Presidents through the years have professed to care about a lot of different topics and causes. But if they really cared about reelection, they would learn to care more about oil prices.
This week’s chart presents an interesting correlation, going back 3 decades, comparing oil prices (inverted) to presidential approval in Gallup’s data set. Multiple presidents’ ratings are stitched together in this chart in order to allow us to see the effects of changes in oil prices over the years. While actual performance of a president’s actual job duties does weigh somewhat on the public’s attitudes, it is clear that changes in oil prices matter a whole lot.
Anyone who gets out of the house regularly will likely pass by a gas station, and see the current prices of gasoline in 2-foot letters. We therefore have more collective awareness of those price changes than we do for anything else that we purchase, even though gasoline costs now only amount to a very small percentage of the money that we spend. And that awareness historically flows through to how we feel about the guy in the White House.
When President Biden took office on January 20, 2021, crude oil prices were at $53/barrel. Now they have risen to above $80, causing the price plot to drop in the chart above due to the inverted scaling. And his approval according to Gallup has dropped from 57% down to 43%. Oil is not the only factor affecting that change in his approval, but it is definitely a big factor.

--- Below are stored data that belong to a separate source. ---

-- ===== src/Wait/Examples.antt =====
-- The timed waits at concrete inputs.
use cxx_server.Common.{ℕ, ◌≤◌, ◌≡◌, ◌↔◌, true, none, some, arith}
use cxx_server.Asio.{eof}
use cxx_server.Wait.{
  Wait, moves, is_over, schedule, outcome, timer_between, timer_first, timer_runs,
  client_timer_runs, moves-schedule, woken, may_end, count_read, early_wake_garbage,
  uninitialised_done_blocks,
}

moves-schedule_example :
    let w =
      moves
        (schedule timer_runs timer_between (some eof) 12)
        (record { done = 0; error = none; count = 77 }) in
    (is_over w ≡ true) × (w.error ≡ outcome timer_between (some eof)) × (w.count ≡ 12)
moves-schedule_example = moves-schedule timer_between (some eof) 12 77

early_wake_garbage_example :
    let w =
      woken
        (schedule timer_runs timer_first none 12)
        (record { done = 0; error = none; count = 77 }) in
    (is_over w ≡ true) × (w.count ≡ count_read timer_first 12 77)
early_wake_garbage_example = early_wake_garbage timer_first none 12 77

uninitialised_done_blocks_example :
    let ms = schedule (client_timer_runs none) timer_first none 12 in
    let w : Wait = record { done = 5; error = none; count = 0 } in
    ((may_end ms w ≡ true) ↔ (5 ≤ 2)) × ((is_over (moves ms w) ≡ true) ↔ (◌≡◌ {A = ℕ} 5 0))
uninitialised_done_blocks_example =
    uninitialised_done_blocks none timer_first none 12 0 5 (omega arith)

On Oct. 8, White House spokesman Jen Psaki was asked about the higher fuel costs, and replied stating, “Certainly we want to keep oil prices low, but the threat of a climate crisis cannot wait any longer.” This is reminiscent of President Obama asserting in January 2008, “Under my plan of a cap and trade system, electricity rates would necessarily skyrocket.” When Mr. Obama took office in January 2009, he enjoyed a 68% initial approval rating, and $40 oil. But as he stayed in office longer, oil prices rose to $113 by April 2011, and his approval rating fell to 40%.
When the fracking boom unfolded starting in 2014, President Obama’s approval rating started to climb again, and he finished his presidency at 59% approval, and at $51/barrel oil.
Obama’s predecessor, George W. Bush, saw the effects of oil prices on his approval rating as well. Right after 9/11, Bush’s approval soared to 90% in Gallup’s polling, in part because the public did not want to be seen as critical of the president with the country at war. Oil prices were in the low $20s. By July 2008, the commodity indexing bubble had taken oil prices up as high as $145/barrel, and Bush’s approval ratings dipped into the 20s.
This all has a markets angle, because of the way that gold prices tend to foretell the future movements of oil prices about 20 months ahead, something I discussed here on September 30.
So if oil prices are going to continue marching higher toward a top ideally due around April 2022, to match gold’s march northward to its August 2020 top, then it would mean that presidential approval rates would continue to fall, responding to that rise in oil prices. That will likely make the mid-term elections in November 2022 all the more contentious.